Sources: U.S. Congress, Treasury Dept., G7, Federal Reserve
In the decades following World War II, the U.S. has seen its debt level steadily increase as the government has faced growing financial commitments. More recently, however, government debt has been expanding at a more significant pace since the early 2000s. Through these past two decades, there have been several political disputes regarding the debt ceiling, which is the limit of debt the government can issue. In January, the debt ceiling of $31.4 trillion was surpassed, which prompted the U.S. Treasury to implement “extraordinary measures” that will last until early summer to avoid the government defaulting on debt.
There have been several debt ceiling hurdles since the turn of the 20th century. Fortunately, the U.S. has never defaulted on its debt, which means the Treasury would be unable to pay its obligations. However, 2011 saw a point of near default, leading to credit rating agencies’ first downgrade of U.S. debt. In 2013, debates regarding the debt ceiling rose again, with the government experiencing a partial shutdown that led to the furloughing of hundreds of thousands of federal employees until the debt ceiling was suspended. More recently, another government shutdown occurred in 2018 when the debt ceiling yet again failed to be raised. Now, in 2023, the debt ceiling saw a near-default due to political gridlock and differing interests by the main political parties. The resolution to this will delay further debt negotiations until 2025, suspending the debt ceiling and keeping spending largely at its current level.

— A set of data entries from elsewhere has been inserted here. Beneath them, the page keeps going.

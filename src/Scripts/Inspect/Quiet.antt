-- ===== src/Scripts/Inspect/Quiet.antt =====
-- What scripts/inspect_ink_v0f_production_state.py has ruled out when it succeeds.
use qnty_authority_root.Prelude.{
  ◌≡◌, refl, ap, ◌∙◌, inl, inr, ◌⊎◌, ℤ, Bool, true, false, not, ◌&&◌, Bool-cases, none,
  Option-cases, List, [], ◌∷◌, ◌++◌, Text, Bytes, All, codes, if◌then◌else◌,
}
use qnty_authority_root.Errors.{ok, runtime_error, raise_if-eq-ok, >>=-elim}
use qnty_authority_root.Contract.Receipt.{AuthorityGrantReceiptV0}
use qnty_authority_root.Contract.Parse.{from_bytes, verify_receipt_signature}
use qnty_authority_root.Issuer.Ledger.{Row, Database, order_by_serial}
use qnty_authority_root.Issuer.Conflicts.{order_by_serial-All}
use qnty_authority_root.Scripts.Files.{
  ProductionRoot, LedgerFile, ledger, unreadable, ledger_directory, is_directory_node, is_some,
  state_ledgers,
}
use qnty_authority_root.Scripts.Inspect.{
  refuse_if, Found, ActiveGrant, Inspection, PublicFiles, check_public_files, is_active_ink,
  active_grant, row_mismatch, ledger_info, is_exact_recovery, is_empty, inspect_rows,
  inspect_database, inspect_ledger, inspect_ledgers, inspect_production_root,
}
use qnty_authority_root.Scripts.Inspect.Print.{no_allowance}

append-empty {ℓ} : {A : Type ℓ} (xs ys : List A) → xs ++ ys ≡ [] → (xs ≡ []) × (ys ≡ [])
append-empty [] ys h = (refl, h)
append-empty (x ∷ xs) ys h = absurd cc

module _ (ed25519_verify : Bytes → Bytes → Bytes → Bool) where
  -- The row holds a receipt of its own, signed under the anchor, that is no Ink grant valid at `now`.
  abbrev pub IsQuietRow : Bytes → ℤ → Row → Type 0
  IsQuietRow anchor now row =
      (r : AuthorityGrantReceiptV0) × (from_bytes row.receipt_bytes ≡ ok r)
      × (verify_receipt_signature ed25519_verify r anchor ≡ ok tt)
      × (row_mismatch r row ≡ false)
      × (is_active_ink now r.authority_policy ≡ false)

  -- The file is an intact database that is skipped, or all of whose rows are quiet.
  abbrev pub IsQuiet : Bytes → ℤ → Text × LedgerFile → Type 0
  IsQuiet anchor now (path, ledger_directory) = ⊥
  IsQuiet anchor now (path, unreadable) = ⊥
  IsQuiet anchor now (path, ledger intact db) =
      (intact ≡ true)
      × (((is_some db.metadata_columns && is_some db.issuance_columns) ≡ false)
          ⊎ ((db.issuer_metadata ≡ none) ⊎ All (IsQuietRow anchor now) db.issuances))

  inspect_rows-IsQuietRow :
      (anchor : Bytes) (now : ℤ) (path : Text) (rows : List Row)
      → inspect_rows ed25519_verify anchor now path rows ≡ ok []
      → All (IsQuietRow anchor now) rows
  unfolding inspect_rows
  inspect_rows-IsQuietRow anchor now path [] h = tt
  inspect_rows-IsQuietRow anchor now path (row ∷ rows) h =
      >>=-elim (from_bytes row.receipt_bytes) _ h λ r reads h.
        >>=-elim (verify_receipt_signature ed25519_verify r anchor) _ h λ _ verified h.
          >>=-elim (refuse_if (row_mismatch r row) "ledger receipt row binding mismatch") _ h
            λ _ own h.
              >>=-elim (inspect_rows ed25519_verify anchor now path rows) _ h λ rest inspected h.
                let (quiet, none_left) =
                  inactive (is_active_ink now r.authority_policy) (active_grant path row r) rest
                    h in
                (
                  (
                    r,
                    reads,
                    verified,
                    raise_if-eq-ok (row_mismatch r row) runtime_error ""
                        "ledger receipt row binding mismatch" own,
                    quiet,
                  ),
                  inspect_rows-IsQuietRow anchor now path rows (inspected ∙ ap ok none_left),
                )
    where
      inactive :
          (b : Bool) (g : ActiveGrant) (rest : List ActiveGrant)
          → ok (if b then g ∷ rest else rest) ≡ ok []
          → (b ≡ false) × (rest ≡ [])
      inactive true g rest h = absurd cc
      inactive false g rest h = (refl, cc)

  inspect_database-IsQuiet :
      (anchor : Bytes) (now : ℤ) (path : Text) (db : Database) (found : Found)
      → inspect_database ed25519_verify anchor now path db ≡ ok found
      → found.active_ink ≡ []
      → ((is_some db.metadata_columns && is_some db.issuance_columns) ≡ false)
        ⊎ ((db.issuer_metadata ≡ none) ⊎ All (IsQuietRow anchor now) db.issuances)
  unfolding inspect_database
  inspect_database-IsQuiet anchor now path db found h empty =
      elim (Bool-cases (is_some db.metadata_columns && is_some db.issuance_columns)) [
        | inr skipped ↦ inl skipped
        | inl tables ↦ elim (Option-cases db.issuer_metadata) [
          | inl missing ↦ inr (inl missing)
          | inr (m, there) ↦
              let k = rw (tables, there, inspect_database) at h in
              >>=-elim (inspect_rows ed25519_verify anchor now path (order_by_serial db.issuances))
                _ k
                λ active went k.
                  let same : record {
                    ledgers = ledger_info path m db.issuances ∷ [];
                    active_ink = active;
                  }
                      ≡ found =
                    cc in
                  inr (
                    inr (
                      order_by_serial-All (IsQuietRow anchor now) db.issuances (
                        inspect_rows-IsQuietRow anchor now path (order_by_serial db.issuances)
                          (went ∙ ap ok (ap (λ f. f.active_ink) same ∙ empty)))))
        ]
      ]

  inspect_ledger-IsQuiet :
      (anchor : Bytes) (now : ℤ) (path : Text) (l : LedgerFile) (found : Found)
      → inspect_ledger ed25519_verify anchor now path l ≡ ok found
      → found.active_ink ≡ []
      → IsQuiet anchor now (path, l)
  unfolding inspect_ledger
  inspect_ledger-IsQuiet anchor now path ledger_directory found h empty = cc
  inspect_ledger-IsQuiet anchor now path unreadable found h empty = cc
  inspect_ledger-IsQuiet anchor now path (ledger intact db) found h empty =
      >>=-elim (refuse_if (not intact) "ledger integrity failure") _ h λ _ checked h. (
        not-false intact
            (raise_if-eq-ok (not intact) runtime_error "" "ledger integrity failure" checked),
        inspect_database-IsQuiet anchor now path db found h empty,
      )
    where
      not-false : (b : Bool) → not b ≡ false → b ≡ true
      not-false true h = refl
      not-false false h = absurd cc

  inspect_ledgers-IsQuiet :
      (anchor : Bytes) (now : ℤ) (ledgers : List (Text × LedgerFile)) (found : Found)
      → inspect_ledgers ed25519_verify anchor now ledgers ≡ ok found
      → found.active_ink ≡ []
      → All (IsQuiet anchor now) ledgers
  unfolding inspect_ledgers
  inspect_ledgers-IsQuiet anchor now [] found h empty = tt
  inspect_ledgers-IsQuiet anchor now ((path, l) ∷ more) found h empty =
      >>=-elim (inspect_ledger ed25519_verify anchor now path l) _ h λ first one h.
        >>=-elim (inspect_ledgers ed25519_verify anchor now more) _ h λ rest others h.
          let joined : first.active_ink ++ rest.active_ink ≡ found.active_ink =
            let same : record {
              ledgers = first.ledgers ++ rest.ledgers;
              active_ink = first.active_ink ++ rest.active_ink;
            }
                ≡ found =
              cc in
            ap (λ f. f.active_ink) same in
          let (empty_first, empty_rest) =
            append-empty first.active_ink rest.active_ink (joined ∙ empty) in
          (
            inspect_ledger-IsQuiet anchor now path l first one empty_first,
            inspect_ledgers-IsQuiet anchor now more rest others empty_rest,
          )

  -- The SQLite files below `state` that the inspection reads.
  abbrev pub inspected : ProductionRoot → List (Text × LedgerFile)
  inspected root =
      if is_directory_node (root.nodes (codes "state")) then state_ledgers root.ledgers else []

  not_recovered :
      (grants : List ActiveGrant)
      → (not (is_empty grants) && not (is_exact_recovery no_allowance grants)) ≡ false
      → grants ≡ []
  unfolding is_exact_recovery
  not_recovered [] h = refl
  not_recovered (g ∷ []) h = absurd cc
  not_recovered (g ∷ (k ∷ more)) h = absurd cc

  -- When the inspection succeeds and no active grant is allowed, the two public files are the expected
  -- ones, and every SQLite file below `state` is an intact database that is none of an issuer, or all
  -- of whose rows hold a receipt of their own, signed under the public anchor, that is no Ink grant
  -- valid at the time of the inspection.
  pub inspect_production_root-IsQuiet :
      (root : ProductionRoot) (now : ℤ) (x : Inspection)
      → inspect_production_root ed25519_verify root now no_allowance ≡ ok x
      → (public_files : PublicFiles) × (check_public_files root ≡ ok public_files)
        × All (IsQuiet public_files.anchor now) (inspected root)
  unfolding inspect_production_root
  inspect_production_root-IsQuiet root now x h =
      >>=-elim (check_public_files root) _ h λ public_files public_ok h.
        >>=-elim (inspect_ledgers ed25519_verify public_files.anchor now (inspected root)) _ h
          λ found went h.
            let active =
              not (is_empty found.active_ink)
              && not (is_exact_recovery no_allowance found.active_ink) in
            >>=-elim
              (refuse_if active
                "an active Ink V0F authority grant already exists; refusing grant preparation")
              _ h
              λ _ free h. (
                public_files,
                public_ok,
                inspect_ledgers-IsQuiet public_files.anchor now (inspected root) found went (
                    not_recovered found.active_ink (
                      raise_if-eq-ok active runtime_error ""
                        "an active Ink V0F authority grant already exists; refusing grant preparation"
                        free)),
              )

The risks of default include severe domestic and global economic repercussions, market volatility, and damage to confidence in the U.S. government’s ability to manage its finances. As political gridlock has driven another debt ceiling crisis, it is important to note that extremely similar circumstances have occurred in the past and will likely continue to occur.

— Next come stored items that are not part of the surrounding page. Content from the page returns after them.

-- ===== src/Tests.antt =====
-- The theorems at concrete inputs: an issuer over a new database, its first grant, and small values
-- of the other parts.
pub mod Issuance
pub mod Scripts
use qnty_authority_root.Prelude.{
  ◌≡◌, ◌↔◌, ◌⊎◌, refl, ◌+◌, some, List, [], ◌++◌, Text, Bytes, codes, replicate, length, All, pos,
  all, ltb, ◌≤◌, true, false, ◌∷◌, inl, arith, text_eq,
}
use qnty_authority_root.Errors.{Result, Error, ok, err}
use qnty_authority_root.Json.Values.{Value, int, str, obj, end}
use qnty_authority_root.Json.Access.{entry}
use qnty_authority_root.Json.Print.{sort_keys}
use qnty_authority_root.Decimal.{decimal, max_str_digits}
use qnty_authority_root.Json.Scan.{has_key, has_duplicates}
use qnty_authority_root.Json.RoundTrip.Strings.{IsScalar}
use qnty_authority_root.Sha256.Shape.{is_lower_hex}
use qnty_authority_root.Regex.Runs.{IsRun}
use qnty_authority_root.Canon.{strict_json_loads, canonical_json_bytes, sha256_hex}
use qnty_authority_root.Canon.RoundTrip.{strict_json_loads-canonical_json_bytes}
use qnty_authority_root.Contract.Checks.{digest, commit}
use qnty_authority_root.Contract.Digests.{digest_iff, digest-sha256_hex}
use qnty_authority_root.Contract.Receipt.{AuthorityGrantReceiptV0, serialized}
use qnty_authority_root.Contract.Parse.{from_bytes, verify_receipt_signature}
use qnty_authority_root.Binding.{assert_ink_v0f_exact_authority_binding}
use qnty_authority_root.Binding.Exact.{IsReviewed, exact_binding_iff}
use qnty_authority_root.Policy.Request.{AuthorityIssuanceRequestV0}
use qnty_authority_root.Policy.Snapshots.{snapshot_issuance_request-kept}
use qnty_authority_root.Policy.Admission.{IsWithin, admissible-IsWithin}
use qnty_authority_root.Issuer.Ledger.{Row, Database, find_row, max_serial}
use qnty_authority_root.Issuer.Object.{
  initialize_database, initialize_block, assert_table_shape, metadata_columns, issuance_columns,
  admit_metadata, same_metadata, expected_metadata,
}
use qnty_authority_root.Issuer.Configuration.{configuration-pinned}
use qnty_authority_root.Policy.Checks.{same_texts}
use qnty_authority_root.Sha256.{hex, sha256, final_state, state_bytes}
use qnty_authority_root.Json.Escape.{hex_digit}
use qnty_authority_root.Binding.{ink_v0f_authority_root_id, ink_v0f_repository_identity}
use qnty_authority_root.Issuer.Issue.{prepare_request}
use qnty_authority_root.Issuer.Reopened.{IsOpened, reopening_iff}
use qnty_authority_root.Issuer.Signed.{IsAnswer, sign_receipt-verified}
use qnty_authority_root.Issuer.Appends.{issue-Appends, Replays, Appends}
use qnty_authority_root.Issuer.Admitted.{issue-new_receipt}
use qnty_authority_root.Issuer.Distinct.{IsLedger}
use qnty_authority_root.Issuer.Runs.{
  new_database, Run, done, then_step, issues, issue-once, issued-stays, Run-IsLedger,
  Run-append_only,
}
use qnty_authority_root.Issuer.Examples.{
  example-snapshot, example_verify, example_issuer, example_policy, example_request, example_id,
  all_answers, first_call, first_bytes, first_database, first_call-ok, second_call, second_call-ok,
  bytes_of, example-admissible, first_receipt-ok,
}

-- The run of the first call.
abbrev first_run : Run example_verify new_database first_database
first_run =
    then_step new_database new_database first_database (done new_database)
      (issues example_issuer example_id example_request all_answers new_database)

issue-once_example : (bytes_of second_call.0 ≡ first_bytes) × (second_call.1 ≡ first_database)
issue-once_example =
    issue-once example_verify example_issuer example_id example_request all_answers new_database
      first_database first_database first_bytes first_call-ok (done first_database) example_issuer
      example_request all_answers (bytes_of second_call.0) second_call.1 second_call-ok

issued-stays_example :
    (row : Row) × (find_row example_id first_database.issuances ≡ some row)
    × (row.receipt_bytes ≡ first_bytes)
issued-stays_example =
    issued-stays example_verify example_issuer example_id example_request all_answers new_database
      first_database first_database first_bytes first_call-ok (done first_database)

Run-IsLedger_example : IsLedger first_database.issuances
Run-IsLedger_example = Run-IsLedger example_verify first_database first_run

Run-append_only_example :
    (rows : List Row) × (first_database.issuances ≡ new_database.issuances ++ rows)
Run-append_only_example = Run-append_only example_verify new_database first_database first_run

issue-new_receipt_example :
    (receipt parsed : AuthorityGrantReceiptV0) × IsWithin example_policy example_request
    × (serialized receipt ≡ first_bytes)
    × IsAnswer example_issuer example_request (max_serial [] + 1) receipt
    × (from_bytes first_bytes ≡ ok parsed)
    × (verify_receipt_signature example_verify parsed example_issuer.public_key_bytes ≡ ok tt)
unfolding find_row
issue-new_receipt_example =
    issue-new_receipt example_verify example_issuer example_id example_request all_answers
      new_database first_database first_bytes first_call-ok refl

admissible-IsWithin_example : IsWithin example_policy example_request
admissible-IsWithin_example = admissible-IsWithin example_policy example_request example-admissible

exact_binding_iff_example :
    (assert_ink_v0f_exact_authority_binding example_request.authority_policy ≡ ok tt)
    ↔ IsReviewed example_request.authority_policy
exact_binding_iff_example = exact_binding_iff example_request.authority_policy

sign_receipt-verified_example :
    IsAnswer example_issuer example_request 1 first_receipt-ok.0
    × ((parsed : AuthorityGrantReceiptV0) × (from_bytes (serialized first_receipt-ok.0) ≡ ok parsed)
        × (verify_receipt_signature example_verify parsed example_issuer.public_key_bytes ≡ ok tt))
sign_receipt-verified_example =
    sign_receipt-verified example_verify example_issuer example_request 1 first_receipt-ok.0
      first_receipt-ok.1

digest_iff_example :
    ((digest (str (replicate 64 b'a')) "d" ≡ ok (replicate 64 b'a'))
      ↔ IsRun is_lower_hex 64 (replicate 64 b'a'))
    × ((commit (str (replicate 64 b'a')) "d" ≡ ok (replicate 64 b'a'))
        ↔ IsRun is_lower_hex 40 (replicate 64 b'a'))
digest_iff_example = digest_iff (replicate 64 b'a') "d"

digest-sha256_hex_example : digest (str (sha256_hex [])) "d" ≡ ok (sha256_hex [])
digest-sha256_hex_example = digest-sha256_hex [] "d"

scalars : (s : Text) → all (λ c. ltb c 0xd800) s ≡ true → All IsScalar s
scalars [] h = tt
scalars (c ∷ s) h = ((ground arith, inl (ground arith)), scalars s (ground arith))

abbrev document : Value
document = obj (entry "serial" (int (pos 7)) (entry "root_id" (str (codes "qnty-root")) end))

short : length (decimal 7) ≤ max_str_digits
unfolding decimal
short = omega arith

distinct :
    has_duplicates (entry "serial" (int (pos 7)) (entry "root_id" (str (codes "qnty-root")) end))
    ≡ false
unfolding has_duplicates has_key text_eq
distinct = refl

strict_json_loads-canonical_json_bytes_example :
    strict_json_loads (canonical_json_bytes document) ≡ ok (sort_keys document)
strict_json_loads-canonical_json_bytes_example = strict_json_loads-canonical_json_bytes document (
  distinct,
  (
    scalars (codes "serial") refl,
    (short, (scalars (codes "root_id") refl, (scalars (codes "qnty-root") refl, tt))),
  ),
)

issue-Appends_example :
    ((e : Error) × (first_call ≡ (err e, new_database)))
    ⊎ ((bytes : Bytes) × (db' : Database) × (snapshot : AuthorityIssuanceRequestV0) × (first_call
          ≡ (ok bytes, db'))
        × (prepare_request example_issuer example_id example_request ≡ ok snapshot)
        × (Replays example_verify example_id snapshot new_database bytes db'
            ⊎ Appends example_verify example_issuer example_id snapshot new_database bytes db'))
issue-Appends_example =
    issue-Appends example_verify example_issuer example_id example_request all_answers new_database

-- The database after the first opening, and after another one.
abbrev opening : Result (Unit {0}) × Database
opening = initialize_database example_issuer all_answers new_database

abbrev opened : Database
opened = opening.1

abbrev reopening : Result (Unit {0}) × Database
reopening = initialize_database example_issuer all_answers opened

opening-ok : opening ≡ (ok tt, opened)
unfolding initialize_database initialize_block assert_table_shape metadata_columns issuance_columns
    admit_metadata same_texts text_eq
opening-ok = refl

reopening-ok : reopening ≡ (ok tt, reopening.1)
unfolding initialize_database initialize_block assert_table_shape metadata_columns issuance_columns
    admit_metadata same_texts text_eq same_metadata expected_metadata sha256_hex hex sha256
    final_state state_bytes hex_digit ink_v0f_authority_root_id ink_v0f_repository_identity
reopening-ok = refl

configuration-pinned_example : expected_metadata example_issuer ≡ expected_metadata example_issuer
configuration-pinned_example =
    configuration-pinned example_verify example_issuer all_answers new_database opened opening-ok
      opened (done opened) example_issuer all_answers reopening.1 reopening-ok

snapshot_issuance_request-kept_example : example_request ≡ example_request
snapshot_issuance_request-kept_example =
    snapshot_issuance_request-kept example_request example_request example-snapshot

reopening_iff_example :
    IsOpened (expected_metadata example_issuer) opened
    × ((initialize_database example_issuer all_answers opened ≡ (ok tt, opened))
        ↔ (expected_metadata example_issuer ≡ expected_metadata example_issuer))
reopening_iff_example =
    reopening_iff example_verify example_issuer all_answers new_database opened opened opening-ok
      (done opened) example_issuer all_answers refl refl refl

Sources: Congressional Research Service, U.S. Department of the Treasury
Following two consecutive quarters of negative Gross Domestic Production (GDP) growth starting in 2022, the year ended with two consecutive quarters of positive growth. While 2023’s first quarter also displayed positive growth, marginal growth shows a cooling GDP. GDP grew by 1.1% in the first quarter of 2023, down from 2.6% in the fourth quarter of 2022.
Also trending downward is inflation, increasing 4.9 percent from April 2022 to April 2023, the smallest 12-month increase since April 2021. A large driver behind this decline is the mellowing of more volatile factors such as electricity, gasoline, vehicles, and food. Leading this decline is the price of gasoline, which fell 17.4% in March and 12.2% in April from the year prior.
However, core inflation remains resilient. Core inflation excludes more volatile factors which significantly contributed to inflation’s historic rise in 2022. While lower than its September 2022 high of 6.6%, core inflation has remained relatively constant in the past 5 months, measuring in April at 5.5%, just 0.1% lower than in March and the same as in February.